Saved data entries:
▶
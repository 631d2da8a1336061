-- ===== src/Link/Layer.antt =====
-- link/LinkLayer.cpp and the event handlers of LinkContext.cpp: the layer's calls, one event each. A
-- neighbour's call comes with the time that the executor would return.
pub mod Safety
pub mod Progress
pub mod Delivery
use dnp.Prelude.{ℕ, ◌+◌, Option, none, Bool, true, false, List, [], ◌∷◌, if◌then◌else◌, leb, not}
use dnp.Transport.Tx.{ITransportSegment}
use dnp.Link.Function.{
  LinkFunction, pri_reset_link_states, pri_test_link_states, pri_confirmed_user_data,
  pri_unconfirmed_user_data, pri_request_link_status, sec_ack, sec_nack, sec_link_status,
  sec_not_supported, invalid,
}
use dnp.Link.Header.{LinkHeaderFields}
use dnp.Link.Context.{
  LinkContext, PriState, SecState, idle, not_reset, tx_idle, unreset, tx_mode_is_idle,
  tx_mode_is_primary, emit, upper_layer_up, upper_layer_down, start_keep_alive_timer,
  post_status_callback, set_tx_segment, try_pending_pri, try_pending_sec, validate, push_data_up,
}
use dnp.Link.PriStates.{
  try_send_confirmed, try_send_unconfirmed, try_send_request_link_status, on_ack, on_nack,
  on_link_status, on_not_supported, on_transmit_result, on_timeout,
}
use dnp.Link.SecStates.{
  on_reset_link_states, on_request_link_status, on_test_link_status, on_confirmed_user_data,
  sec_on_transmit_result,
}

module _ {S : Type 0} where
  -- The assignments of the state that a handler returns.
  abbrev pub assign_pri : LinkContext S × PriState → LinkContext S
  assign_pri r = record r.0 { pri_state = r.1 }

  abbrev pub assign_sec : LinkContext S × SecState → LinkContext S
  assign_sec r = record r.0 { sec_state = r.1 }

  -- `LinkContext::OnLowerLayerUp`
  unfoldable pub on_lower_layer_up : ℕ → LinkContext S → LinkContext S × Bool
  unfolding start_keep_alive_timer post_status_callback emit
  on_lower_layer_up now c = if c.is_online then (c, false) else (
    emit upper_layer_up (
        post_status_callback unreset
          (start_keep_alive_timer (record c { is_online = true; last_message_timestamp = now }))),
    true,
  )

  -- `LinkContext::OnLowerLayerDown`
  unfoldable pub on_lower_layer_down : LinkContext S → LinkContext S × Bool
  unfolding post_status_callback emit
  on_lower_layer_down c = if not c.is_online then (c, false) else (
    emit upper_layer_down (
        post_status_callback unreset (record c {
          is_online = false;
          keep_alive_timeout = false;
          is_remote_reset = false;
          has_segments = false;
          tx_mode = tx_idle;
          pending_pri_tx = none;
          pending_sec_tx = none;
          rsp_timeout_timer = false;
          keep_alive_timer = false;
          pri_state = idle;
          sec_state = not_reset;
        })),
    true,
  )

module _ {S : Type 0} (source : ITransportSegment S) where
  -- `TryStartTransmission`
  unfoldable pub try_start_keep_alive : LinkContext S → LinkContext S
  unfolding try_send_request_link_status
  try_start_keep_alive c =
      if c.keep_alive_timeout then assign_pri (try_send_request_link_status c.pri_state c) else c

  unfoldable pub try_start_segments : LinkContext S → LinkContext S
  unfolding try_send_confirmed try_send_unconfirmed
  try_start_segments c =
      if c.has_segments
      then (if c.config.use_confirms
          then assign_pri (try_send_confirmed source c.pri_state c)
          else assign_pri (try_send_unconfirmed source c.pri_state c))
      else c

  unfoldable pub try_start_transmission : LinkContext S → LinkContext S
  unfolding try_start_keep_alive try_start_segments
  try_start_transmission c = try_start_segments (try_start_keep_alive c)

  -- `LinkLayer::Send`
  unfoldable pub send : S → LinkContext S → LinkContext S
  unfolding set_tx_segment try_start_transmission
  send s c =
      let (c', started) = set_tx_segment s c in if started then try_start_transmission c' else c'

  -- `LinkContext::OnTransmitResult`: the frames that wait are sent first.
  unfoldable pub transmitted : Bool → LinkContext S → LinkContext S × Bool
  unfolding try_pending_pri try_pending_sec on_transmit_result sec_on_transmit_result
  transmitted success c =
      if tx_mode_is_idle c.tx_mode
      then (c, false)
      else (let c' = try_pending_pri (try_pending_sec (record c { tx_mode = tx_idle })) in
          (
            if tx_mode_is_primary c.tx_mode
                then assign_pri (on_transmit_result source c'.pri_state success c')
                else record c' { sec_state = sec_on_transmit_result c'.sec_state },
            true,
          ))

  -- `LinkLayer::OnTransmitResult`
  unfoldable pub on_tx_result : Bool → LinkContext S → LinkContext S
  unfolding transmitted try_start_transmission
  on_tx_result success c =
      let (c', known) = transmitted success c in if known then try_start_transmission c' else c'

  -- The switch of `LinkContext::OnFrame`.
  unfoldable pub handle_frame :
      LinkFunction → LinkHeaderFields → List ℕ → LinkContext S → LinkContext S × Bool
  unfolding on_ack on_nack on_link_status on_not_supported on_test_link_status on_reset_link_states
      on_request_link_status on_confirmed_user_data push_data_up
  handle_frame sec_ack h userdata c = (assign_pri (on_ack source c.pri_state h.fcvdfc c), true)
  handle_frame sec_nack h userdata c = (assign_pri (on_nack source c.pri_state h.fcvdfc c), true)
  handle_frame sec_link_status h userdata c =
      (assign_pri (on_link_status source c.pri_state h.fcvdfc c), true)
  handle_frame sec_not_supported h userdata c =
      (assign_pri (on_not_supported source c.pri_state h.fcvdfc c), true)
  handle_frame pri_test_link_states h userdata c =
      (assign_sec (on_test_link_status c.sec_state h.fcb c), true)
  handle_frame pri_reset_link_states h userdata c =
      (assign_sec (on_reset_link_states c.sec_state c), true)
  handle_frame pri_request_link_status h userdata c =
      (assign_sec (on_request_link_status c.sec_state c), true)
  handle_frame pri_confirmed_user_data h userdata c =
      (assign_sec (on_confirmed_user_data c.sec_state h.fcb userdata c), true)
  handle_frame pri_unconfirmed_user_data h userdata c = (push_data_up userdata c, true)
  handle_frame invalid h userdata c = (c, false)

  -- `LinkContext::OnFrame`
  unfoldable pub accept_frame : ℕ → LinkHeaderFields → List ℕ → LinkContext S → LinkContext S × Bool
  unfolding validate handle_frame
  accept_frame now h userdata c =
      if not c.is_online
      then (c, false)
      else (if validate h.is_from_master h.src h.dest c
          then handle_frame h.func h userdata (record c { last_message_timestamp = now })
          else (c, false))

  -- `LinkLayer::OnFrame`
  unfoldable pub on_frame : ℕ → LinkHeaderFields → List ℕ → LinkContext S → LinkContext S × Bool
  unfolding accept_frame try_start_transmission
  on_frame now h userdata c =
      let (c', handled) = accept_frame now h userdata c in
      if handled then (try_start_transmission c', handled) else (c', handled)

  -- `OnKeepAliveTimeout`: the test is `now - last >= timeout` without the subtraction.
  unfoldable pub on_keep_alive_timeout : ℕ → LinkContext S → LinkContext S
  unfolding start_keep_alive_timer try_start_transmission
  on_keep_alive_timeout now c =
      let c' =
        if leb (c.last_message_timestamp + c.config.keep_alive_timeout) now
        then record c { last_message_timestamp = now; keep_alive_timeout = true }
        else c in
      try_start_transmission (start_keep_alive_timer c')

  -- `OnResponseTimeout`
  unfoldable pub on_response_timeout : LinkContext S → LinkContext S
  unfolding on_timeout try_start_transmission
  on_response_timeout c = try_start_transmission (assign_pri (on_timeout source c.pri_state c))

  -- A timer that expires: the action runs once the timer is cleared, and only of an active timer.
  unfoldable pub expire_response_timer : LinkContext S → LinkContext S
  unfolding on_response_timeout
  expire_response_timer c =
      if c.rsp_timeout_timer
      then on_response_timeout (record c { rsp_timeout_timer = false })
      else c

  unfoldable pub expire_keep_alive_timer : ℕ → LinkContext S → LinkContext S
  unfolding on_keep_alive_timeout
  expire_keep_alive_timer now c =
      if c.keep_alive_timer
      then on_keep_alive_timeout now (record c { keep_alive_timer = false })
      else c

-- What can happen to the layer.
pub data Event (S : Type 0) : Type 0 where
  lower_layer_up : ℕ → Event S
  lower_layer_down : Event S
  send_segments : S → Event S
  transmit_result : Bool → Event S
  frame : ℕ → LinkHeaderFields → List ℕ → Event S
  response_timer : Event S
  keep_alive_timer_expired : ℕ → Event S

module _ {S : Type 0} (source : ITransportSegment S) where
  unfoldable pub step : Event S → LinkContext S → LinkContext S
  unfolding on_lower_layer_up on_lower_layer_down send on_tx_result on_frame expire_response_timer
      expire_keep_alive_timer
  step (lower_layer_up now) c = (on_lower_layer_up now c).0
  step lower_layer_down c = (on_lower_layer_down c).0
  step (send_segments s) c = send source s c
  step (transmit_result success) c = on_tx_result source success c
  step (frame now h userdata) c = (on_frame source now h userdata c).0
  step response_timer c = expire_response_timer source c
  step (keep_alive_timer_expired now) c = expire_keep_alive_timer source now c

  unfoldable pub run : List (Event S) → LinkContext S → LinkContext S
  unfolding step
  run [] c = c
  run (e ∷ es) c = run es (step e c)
◀
▶
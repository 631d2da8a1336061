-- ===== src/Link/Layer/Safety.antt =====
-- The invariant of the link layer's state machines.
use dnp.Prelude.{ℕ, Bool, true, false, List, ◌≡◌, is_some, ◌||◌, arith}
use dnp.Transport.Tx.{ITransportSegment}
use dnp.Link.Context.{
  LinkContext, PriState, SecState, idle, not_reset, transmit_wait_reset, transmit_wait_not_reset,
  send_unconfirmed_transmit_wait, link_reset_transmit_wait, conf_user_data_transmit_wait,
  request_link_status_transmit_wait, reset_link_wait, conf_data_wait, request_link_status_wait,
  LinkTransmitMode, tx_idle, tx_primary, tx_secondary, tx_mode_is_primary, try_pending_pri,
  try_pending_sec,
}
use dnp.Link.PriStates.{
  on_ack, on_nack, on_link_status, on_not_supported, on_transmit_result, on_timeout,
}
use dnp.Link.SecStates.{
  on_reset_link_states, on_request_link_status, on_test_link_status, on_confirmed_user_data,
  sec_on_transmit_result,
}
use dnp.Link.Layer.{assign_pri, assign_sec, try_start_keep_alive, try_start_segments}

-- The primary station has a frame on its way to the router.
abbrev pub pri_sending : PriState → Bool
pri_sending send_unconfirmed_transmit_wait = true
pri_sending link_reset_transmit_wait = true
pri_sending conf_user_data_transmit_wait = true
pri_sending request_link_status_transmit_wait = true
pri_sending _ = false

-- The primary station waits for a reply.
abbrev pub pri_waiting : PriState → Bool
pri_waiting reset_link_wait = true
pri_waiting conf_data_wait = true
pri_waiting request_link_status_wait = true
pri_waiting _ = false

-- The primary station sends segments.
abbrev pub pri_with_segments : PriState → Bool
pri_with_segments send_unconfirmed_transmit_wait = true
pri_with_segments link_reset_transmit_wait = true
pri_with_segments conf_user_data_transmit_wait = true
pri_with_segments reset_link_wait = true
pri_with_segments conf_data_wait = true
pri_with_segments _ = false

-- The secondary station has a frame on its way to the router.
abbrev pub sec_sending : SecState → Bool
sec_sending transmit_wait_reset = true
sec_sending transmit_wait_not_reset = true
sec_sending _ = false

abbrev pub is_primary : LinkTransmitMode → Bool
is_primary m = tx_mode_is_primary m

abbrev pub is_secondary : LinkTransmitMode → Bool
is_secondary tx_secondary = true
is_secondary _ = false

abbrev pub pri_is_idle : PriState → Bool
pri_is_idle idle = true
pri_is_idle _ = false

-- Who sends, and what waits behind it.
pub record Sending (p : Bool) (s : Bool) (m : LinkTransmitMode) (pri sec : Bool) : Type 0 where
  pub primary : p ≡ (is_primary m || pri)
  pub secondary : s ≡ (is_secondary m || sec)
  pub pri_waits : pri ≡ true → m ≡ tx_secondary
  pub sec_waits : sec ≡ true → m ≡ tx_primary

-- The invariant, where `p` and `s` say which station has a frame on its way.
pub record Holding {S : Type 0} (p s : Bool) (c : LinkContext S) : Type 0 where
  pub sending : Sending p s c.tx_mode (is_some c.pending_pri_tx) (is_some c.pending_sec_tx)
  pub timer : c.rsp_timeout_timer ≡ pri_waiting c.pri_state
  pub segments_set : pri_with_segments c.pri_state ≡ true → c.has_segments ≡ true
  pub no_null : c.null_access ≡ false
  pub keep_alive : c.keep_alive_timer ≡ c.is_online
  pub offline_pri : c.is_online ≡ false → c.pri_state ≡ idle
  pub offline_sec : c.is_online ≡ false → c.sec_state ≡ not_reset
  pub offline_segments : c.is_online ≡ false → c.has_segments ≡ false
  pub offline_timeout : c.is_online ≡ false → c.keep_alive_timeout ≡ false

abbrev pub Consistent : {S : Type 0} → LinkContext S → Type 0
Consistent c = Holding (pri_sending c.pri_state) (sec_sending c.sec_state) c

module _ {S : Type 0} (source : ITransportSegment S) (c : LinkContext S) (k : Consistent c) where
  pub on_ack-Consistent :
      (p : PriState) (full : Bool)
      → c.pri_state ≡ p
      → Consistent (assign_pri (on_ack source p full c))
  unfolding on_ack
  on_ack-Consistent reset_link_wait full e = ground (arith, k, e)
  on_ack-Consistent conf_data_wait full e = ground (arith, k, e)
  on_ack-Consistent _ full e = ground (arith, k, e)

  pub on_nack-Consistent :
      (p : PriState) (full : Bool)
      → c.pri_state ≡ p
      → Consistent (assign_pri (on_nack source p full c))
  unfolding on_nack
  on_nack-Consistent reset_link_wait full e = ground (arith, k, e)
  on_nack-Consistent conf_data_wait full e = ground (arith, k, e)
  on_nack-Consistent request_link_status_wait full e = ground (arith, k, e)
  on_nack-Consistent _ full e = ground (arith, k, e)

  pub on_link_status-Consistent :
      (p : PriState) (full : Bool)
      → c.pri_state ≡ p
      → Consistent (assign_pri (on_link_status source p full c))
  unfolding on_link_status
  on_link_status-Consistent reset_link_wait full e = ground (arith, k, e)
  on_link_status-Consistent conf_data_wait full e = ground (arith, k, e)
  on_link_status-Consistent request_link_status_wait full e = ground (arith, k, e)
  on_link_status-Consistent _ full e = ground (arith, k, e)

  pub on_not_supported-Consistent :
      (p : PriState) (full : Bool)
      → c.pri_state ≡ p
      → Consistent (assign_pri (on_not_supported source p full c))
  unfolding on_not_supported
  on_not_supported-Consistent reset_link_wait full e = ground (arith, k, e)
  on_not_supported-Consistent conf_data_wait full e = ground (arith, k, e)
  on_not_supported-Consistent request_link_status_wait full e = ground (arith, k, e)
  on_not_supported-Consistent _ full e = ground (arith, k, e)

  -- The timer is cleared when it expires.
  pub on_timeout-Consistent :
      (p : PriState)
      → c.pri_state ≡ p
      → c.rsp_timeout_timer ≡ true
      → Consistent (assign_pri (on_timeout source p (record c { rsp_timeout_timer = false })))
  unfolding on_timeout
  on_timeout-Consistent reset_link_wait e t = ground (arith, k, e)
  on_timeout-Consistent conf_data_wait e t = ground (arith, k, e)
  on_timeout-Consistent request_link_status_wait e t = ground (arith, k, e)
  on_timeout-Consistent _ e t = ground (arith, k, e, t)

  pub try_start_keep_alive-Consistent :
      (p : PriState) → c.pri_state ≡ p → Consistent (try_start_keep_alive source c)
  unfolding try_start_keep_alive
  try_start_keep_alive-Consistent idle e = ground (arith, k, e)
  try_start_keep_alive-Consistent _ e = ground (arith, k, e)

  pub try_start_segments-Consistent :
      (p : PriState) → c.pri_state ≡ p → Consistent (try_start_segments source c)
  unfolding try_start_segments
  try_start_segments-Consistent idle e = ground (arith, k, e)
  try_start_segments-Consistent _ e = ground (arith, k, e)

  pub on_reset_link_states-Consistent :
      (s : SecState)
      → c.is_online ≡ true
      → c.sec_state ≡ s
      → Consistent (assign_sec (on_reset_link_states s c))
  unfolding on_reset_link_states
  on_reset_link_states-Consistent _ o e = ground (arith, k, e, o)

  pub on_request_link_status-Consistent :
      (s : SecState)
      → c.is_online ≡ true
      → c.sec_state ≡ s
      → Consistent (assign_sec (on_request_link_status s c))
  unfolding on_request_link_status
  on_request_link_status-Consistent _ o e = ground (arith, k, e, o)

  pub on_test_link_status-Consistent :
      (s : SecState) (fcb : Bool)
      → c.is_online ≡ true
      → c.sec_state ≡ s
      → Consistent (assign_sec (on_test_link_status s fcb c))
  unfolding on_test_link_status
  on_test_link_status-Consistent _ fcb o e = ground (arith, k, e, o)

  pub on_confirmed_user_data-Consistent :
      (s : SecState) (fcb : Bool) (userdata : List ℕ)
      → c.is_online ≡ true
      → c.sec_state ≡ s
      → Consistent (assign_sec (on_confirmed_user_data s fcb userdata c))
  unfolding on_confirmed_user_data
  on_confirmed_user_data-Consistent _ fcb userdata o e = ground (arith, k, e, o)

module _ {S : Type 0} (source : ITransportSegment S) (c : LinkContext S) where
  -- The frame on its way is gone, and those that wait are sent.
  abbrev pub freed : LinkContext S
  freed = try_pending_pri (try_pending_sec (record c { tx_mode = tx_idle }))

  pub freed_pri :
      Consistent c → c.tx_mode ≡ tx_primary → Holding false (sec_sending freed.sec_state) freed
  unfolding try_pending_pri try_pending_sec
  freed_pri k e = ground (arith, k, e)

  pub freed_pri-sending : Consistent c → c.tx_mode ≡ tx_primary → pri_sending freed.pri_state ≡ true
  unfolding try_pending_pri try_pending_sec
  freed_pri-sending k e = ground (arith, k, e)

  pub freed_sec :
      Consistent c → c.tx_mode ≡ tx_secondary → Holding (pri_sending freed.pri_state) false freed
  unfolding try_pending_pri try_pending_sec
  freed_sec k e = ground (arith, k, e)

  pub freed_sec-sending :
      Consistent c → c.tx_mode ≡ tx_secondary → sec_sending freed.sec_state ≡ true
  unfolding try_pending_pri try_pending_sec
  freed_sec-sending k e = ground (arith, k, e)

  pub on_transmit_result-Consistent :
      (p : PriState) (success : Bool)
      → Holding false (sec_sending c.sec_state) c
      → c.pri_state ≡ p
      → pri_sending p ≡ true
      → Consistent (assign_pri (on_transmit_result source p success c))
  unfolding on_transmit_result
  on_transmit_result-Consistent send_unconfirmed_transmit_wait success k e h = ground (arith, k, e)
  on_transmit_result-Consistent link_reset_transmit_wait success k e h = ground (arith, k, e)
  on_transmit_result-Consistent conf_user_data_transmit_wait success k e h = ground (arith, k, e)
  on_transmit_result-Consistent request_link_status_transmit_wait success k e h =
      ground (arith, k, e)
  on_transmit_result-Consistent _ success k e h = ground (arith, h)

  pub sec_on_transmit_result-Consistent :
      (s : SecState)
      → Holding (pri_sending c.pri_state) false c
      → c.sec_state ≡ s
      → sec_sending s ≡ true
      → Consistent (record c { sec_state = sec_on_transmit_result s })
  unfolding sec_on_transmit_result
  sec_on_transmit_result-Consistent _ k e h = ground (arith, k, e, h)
◀
**Task to carry out**
Return only the lines between the one holding "is_secondary _ = false" and the one holding "pub record Sending", inclusive, exactly as they appear above.

**Written reply**
is_secondary _ = false

abbrev pub pri_is_idle : PriState → Bool
pri_is_idle idle = true
pri_is_idle _ = false

-- Who sends, and what waits behind it.
pub record Sending (p : Bool) (s : Bool) (m : LinkTransmitMode) (pri sec : Bool) : Type 0 where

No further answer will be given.